Zulip Chat Archive

Stream: mathlib4

Topic: Computable cartesian closed categories

Albus Dompeldorius (Mar 13 2025 at 08:47):

I want to work with cartesian closed categories in a computable way, but everything in Mathlib.CategoryTheory.Closed.Cartesian is marked as noncomputable, even though it seems that almost all of the definitions are already computable.
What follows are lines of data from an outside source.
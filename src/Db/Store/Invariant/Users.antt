-- ===== src/Db/Store/Invariant/Users.antt =====
-- The statements on users keep the constraints.
use kube_extauth_demo.Prelude.{
  ◌≡◌, refl, true, false, none, some, List, ◌∷◌, string_eq, arith, nat_eq, Option-cases, inl, inr,
}
use kube_extauth_demo.Prelude.Tables.{find_row, rows_where, rows_except, has_row, All, Distinct}
use kube_extauth_demo.Prelude.Tables.Laws.{
  has_row-rows_except, has_row-replace, Distinct-rows_where, All-rows_where, All-map, All-map_where,
  find_row_sound,
}
use kube_extauth_demo.Db.Models.{PgUuid, User, ◌=?◌}
use kube_extauth_demo.Db.Params.{CreateUserParams, ReplaceUserParams, UpdateUserParams}
use kube_extauth_demo.Db.Store.Base.{Tables, Database}
use kube_extauth_demo.Db.Store.Users.{
  user_violation, new_user, create_user, delete_user, update_row, replace_user, update_user,
  posts_of,
}
use kube_extauth_demo.Db.Store.Invariant.{
  IsConsistent, same_user, same_email, same_post, same_slug, same_comment, has_role, has_user,
  store_row-tables, UserRefs, PostRefs, CommentRefs,
}

module _ (t : Tables) (rest : List User) (row : User) where
  -- What a row without violations brings.
  accepted :
      user_violation t rest row ≡ none
      → (row.id.valid ≡ true)
        × (has_row (same_user row) rest ≡ false)
        × (has_row (same_email row) rest ≡ false)
        × (has_role t.roles row.role_id ≡ true)
  unfolding user_violation
  accepted h = ground arith

  -- A row that violates nothing, before rows that meet the constraints among themselves and with
  -- it still hold the ids to which posts and comments refer.
  store_user-IsConsistent :
      IsConsistent t
      → Distinct same_user rest
      → Distinct same_email rest
      → All (UserRefs t.roles) rest
      → ((a : PgUuid) → has_user t.users a ≡ true → has_user (row ∷ rest) a ≡ true)
      → user_violation t rest row ≡ none
      → IsConsistent (record t { users = row ∷ rest })
  store_user-IsConsistent c ids emails refs keep fine =
      let (valid, new_id, new_email, role) = accepted fine in
      record {
        user_ids = (new_id, ids);
        emails = (new_email, emails);
        post_ids = c.post_ids;
        slugs = c.slugs;
        comment_ids = c.comment_ids;
        users = ((valid, role), refs);
        posts = All-map (PostRefs t.users) _ t.posts (λ p h. (h.0, keep _ h.1)) c.posts;
        comments =
            All-map (CommentRefs t.users t.posts) _ t.comments (λ d h. (h.0, h.1, keep _ h.2))
              c.comments;
      }

-- CreateUser keeps the constraints of the schema.
pub create_user-IsConsistent :
    (arg : CreateUserParams) (db : Database)
    → IsConsistent db.tables
    → IsConsistent (create_user arg db).1.tables
unfolding create_user has_row
create_user-IsConsistent arg db c =
    let row = new_user arg db in
    store_row-tables IsConsistent db (user_violation db.tables db.users row) row _ c (
      store_user-IsConsistent db.tables db.users row c c.user_ids c.emails c.users
        (λ a h. ground arith))

-- A user in the place of the user with an id holds the references that this one held.
has_user-replace :
    (users : List User) (id : PgUuid) (new : User) {old : User}
    → find_row (λ u. u.id =? id) users ≡ some old
    → new.id ≡ old.id
    → (a : PgUuid) → has_user users a ≡ true
    → has_user (new ∷ rows_except (λ u. u.id =? id) users) a ≡ true
unfolding ◌=?◌
has_user-replace users id new found same a h =
    has_row-replace (λ u. u.id =? a) (λ u. u.id =? id) new users
      (λ x p q. ground (arith, find_row_sound (λ u. u.id =? id) users found)) h

update_row-IsConsistent :
    (db : Database) (id : PgUuid) (change : User → User)
    → ((old : User) → (change old).id ≡ old.id)
    → IsConsistent db.tables
    → IsConsistent (update_row db id (find_row (λ u. u.id =? id) db.users) change).1.tables
update_row-IsConsistent db id change same c =
    elim (Option-cases (find_row (λ u. u.id =? id) db.users)) [
      | inl missing ↦ rw missing c
      | inr (old, found) ↦
          let rest = rows_except (λ u. u.id =? id) db.users in
          let row = change old in
          rw found (
            store_row-tables IsConsistent db (user_violation db.tables rest row) row _ c (
              store_user-IsConsistent db.tables rest row c
                (Distinct-rows_where same_user _ db.users c.user_ids)
                (Distinct-rows_where same_email _ db.users c.emails)
                (All-rows_where (UserRefs db.roles) _ db.users c.users)
                (has_user-replace db.users id row found (same old))))
    ]

-- ReplaceUser keeps the constraints of the schema.
pub replace_user-IsConsistent :
    (arg : ReplaceUserParams) (db : Database)
    → IsConsistent db.tables
    → IsConsistent (replace_user arg db).1.tables
unfolding replace_user
replace_user-IsConsistent arg db c = update_row-IsConsistent db arg.id _ (λ old. refl) c

-- UpdateUser keeps the constraints of the schema.
pub update_user-IsConsistent :
    (arg : UpdateUserParams) (db : Database)
    → IsConsistent db.tables
    → IsConsistent (update_user arg db).1.tables
unfolding update_user
update_user-IsConsistent arg db c = update_row-IsConsistent db arg.id _ (λ old. refl) c

-- DeleteUser keeps the constraints of the schema: no post and no comment is left behind.
pub delete_user-IsConsistent :
    (id : PgUuid) (db : Database)
    → IsConsistent db.tables
    → IsConsistent (delete_user id db).1.tables
unfolding delete_user
delete_user-IsConsistent id db c =
    let gone = rows_where (λ u. u.id =? id) db.users in
    let gone_posts = rows_where (posts_of gone) db.posts in
    record {
      user_ids = Distinct-rows_where same_user _ db.users c.user_ids;
      emails = Distinct-rows_where same_email _ db.users c.emails;
      post_ids = Distinct-rows_where same_post _ db.posts c.post_ids;
      slugs = Distinct-rows_where same_slug _ db.posts c.slugs;
      comment_ids = Distinct-rows_where same_comment _ db.comments c.comment_ids;
      users = All-rows_where (UserRefs db.roles) _ db.users c.users;
      posts =
          All-map_where (PostRefs db.users) _ _ db.posts
            (λ p kept h. (h.0, has_row-rows_except _ _ db.users h.1 (ground arith))) c.posts;
      comments =
          All-map_where (CommentRefs db.users db.posts) _ _ db.comments
            (λ d kept h. (
              h.0,
              has_row-rows_except _ _ db.posts h.1 (ground arith),
              has_row-rows_except _ _ db.users h.2 (ground arith),
            ))
            c.comments;
    }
Is there a reason we can't remove the global noncomputable and mark the few noncomputable definitions instead?

There are four noncomputable definitions:

def internalizeHom (f : A ⟶ Y) : ⊤_ C ⟶ A ⟹ Y

def powZero {I : C} (t : IsInitial I) [CartesianClosed C] : I ⟹ B ≅ 𝟙_ C

These can be made computable by replacing ⊤_ C with 𝟙_ C (which is available since we assume ChosenFiniteProducts C anyway).

def prodCoprodDistrib [HasBinaryCoproducts C] [CartesianClosed C] (X Y Z : C)

def cartesianClosedOfEquiv (e : C ≌ D) [CartesianClosed C] : CartesianClosed D :=
  letI := e.inverse.monoidalOfChosenFiniteProducts
  MonoidalClosed.ofEquiv (e.inverse) e.symm.toAdjunction

These remain noncomputable since they depend on the noncomputable HasBinaryCoproducts C MonoidalClosed.ofEquiv respectively.

Kim Morrison (Mar 13 2025 at 09:19):

No objection.

Albus Dompeldorius (Mar 13 2025 at 09:23):

Great! I will make a PR.

Albus Dompeldorius (Mar 13 2025 at 10:08):

Opened pull request here: PR.

Last updated: May 02 2025 at 03:31 UTC